In every community there’s bound to be a mainstream. From being politically liberal to the light-hearted things like enjoying PMT, most of us have preferences that are the norm. But there are also those who stray from the typical, who bring diversity, interesting ideas and controversy. Some of them end up in the center of attention, others go unnoticed. Here are three seniors who deviate from the conventional but make up part of our community.
Humor in the Dark
We showcase our ideal selves on social media, by posting photos of beautiful scenery, sharing uplifting posts and cracking humorous puns. The rest of the rather unpleasant moments in our lives happen behind the scenes, out of the spotlight. Senior Jayson Chao, however, shares his unfortunate experiences on Facebook—posting witty jokes, comments and stories.
As someone who’s experienced anxiety, Chao shares his dark and humorous insight on sensitive topics.
“The funny thing about mental disorders is that I ended up diagnosed with the ones that I always made jokes about having,” Chao said in a recent Facebook post. Facebook is an outlet to act differently than he would in person, allowing him to express his negative experiences in unconventional ways.

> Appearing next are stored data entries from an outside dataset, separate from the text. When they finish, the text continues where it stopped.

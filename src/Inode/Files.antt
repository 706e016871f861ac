-- ===== src/Inode/Files.antt =====
-- inode.c: read_file copies a part of a file into the caller's buffer.
pub mod Read
pub mod Bytes
use pcd_file_system.Prelude.{ℕ, zero, suc, ◌+◌, ◌-◌, ◌/◌, ◌%◌, ◌||◌, ltb, leb, if◌then◌else◌, ◌==◌}
use pcd_file_system.Prelude.Run.{Cmd, pure, failure, undefined, ◌>>=◌}
use pcd_file_system.Block.{Block, set_byte}
use pcd_file_system.Disk.Contract.{DiskOps}
use pcd_file_system.Sb.{Sb}
use pcd_file_system.Inode.{Fs, add32, sub32, is_negative, load_super, read_block}
use pcd_file_system.Inode.Blocks.{find_block_by_num}
use pcd_file_system.Inode.Fields.{get_inode_size}

-- memcpy(to + at, from + off, n)
unfoldable pub copy : Block → ℕ → Block → ℕ → ℕ → Block
copy to at from off n o =
    if ltb o at then to o else if ltb o (at + n) then from (off + (o - at)) else to o

-- the larger number of bytes that a block can still give
unfoldable pub at_most : ℕ → ℕ → ℕ
at_most limit size = if leb limit size then limit else size

module _ (ops : DiskOps) (junk : Block) where
  open ops use {State}

  -- The loop: the code returns `buf_off`, and leaves `buf` with the caller.
  unfoldable pub read_blocks :
      ℕ → ℕ → ℕ → ℕ → ℕ → ℕ → ℕ → ℕ → Block → Block → Cmd (Fs State) (ℕ × Block)
  read_blocks block_size inum zero num start_off size to_read buf_off block buf =
      pure (buf_off, buf)
  read_blocks block_size inum (suc rounds) num start_off size to_read buf_off block buf = do
    bid ← find_block_by_num ops junk inum num
    b ← read_block ops junk block bid
    let size1 = sub32 size to_read
    read_blocks block_size inum rounds (num + 1) 0 size1 (at_most block_size size1)
        (add32 buf_off to_read) b (copy buf buf_off b start_off to_read)

  -- after the checks; `end_num` is the last block that is read
  unfoldable pub read_range : Sb → ℕ → Block → ℕ → ℕ → ℕ → Cmd (Fs State) (ℕ × Block)
  read_range super inum buf size offset end_num0 =
      let end_num = if (offset + size) % super.blocksize == 0 then sub32 end_num0 1 else end_num0 in
      let start_num = offset / super.blocksize in
      let start_off = offset % super.blocksize in
      read_blocks super.blocksize inum (end_num + 1 - start_num) start_num start_off size
        (at_most (super.blocksize - start_off) size) 0 junk buf

  -- A `buf` that is NULL is refused in the source; here it is a buffer. Where offset + size does not
  -- fit an int the behaviour is undefined.
  unfoldable pub read_file : ℕ → Block → ℕ → ℕ → Cmd (Fs State) (ℕ × Block)
  read_file inum buf size offset = do
    super ← load_super ops junk
    if is_negative size then failure else (do
      inode_size ← get_inode_size ops junk inum
      if inode_size == 0
          then pure (0, set_byte buf 0 0)
          else (if is_negative offset || ltb inode_size offset
              then failure
              else (if is_negative (offset + size)
                  then undefined
                  else (if ltb inode_size (offset + size)
                      then (if is_negative (offset + inode_size)
                          then undefined
                          else read_range super inum buf inode_size offset
                              (inode_size / super.blocksize))
                      else read_range super inum buf size offset
                          ((offset + size) / super.blocksize)))))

“On the internet, I like to be a more exaggerated version of myself,” Chao said, “so a lot of [my Facebook posts]are just me taking my viewpoints or things that have happened to me and just blowing them up or adding a comedy element…If I use comedy or some self- deprecating thing, then people can go ‘hahaha’ and think about [the issues].”
Spotlight on the Controversial
54 comments, 17 likes. That’s the reaction that senior Kareeda Kabir received for her Facebook post. The post criticized students who choose to attend colleges with academic environments similar to that of MVHS and refuse to leave their comfort zone. After seeing the 54 comments, most of them disparaging, Kabir hopes for people to ask her more questions and recognize that she’s trying to improve MVHS, not simply criticize her peers.
“I think people did misunderstand me … [but]I don’t really mind; I’ll just keep doing what I’m doing,” Kabir said. “I invite people to talk to me and some people do.”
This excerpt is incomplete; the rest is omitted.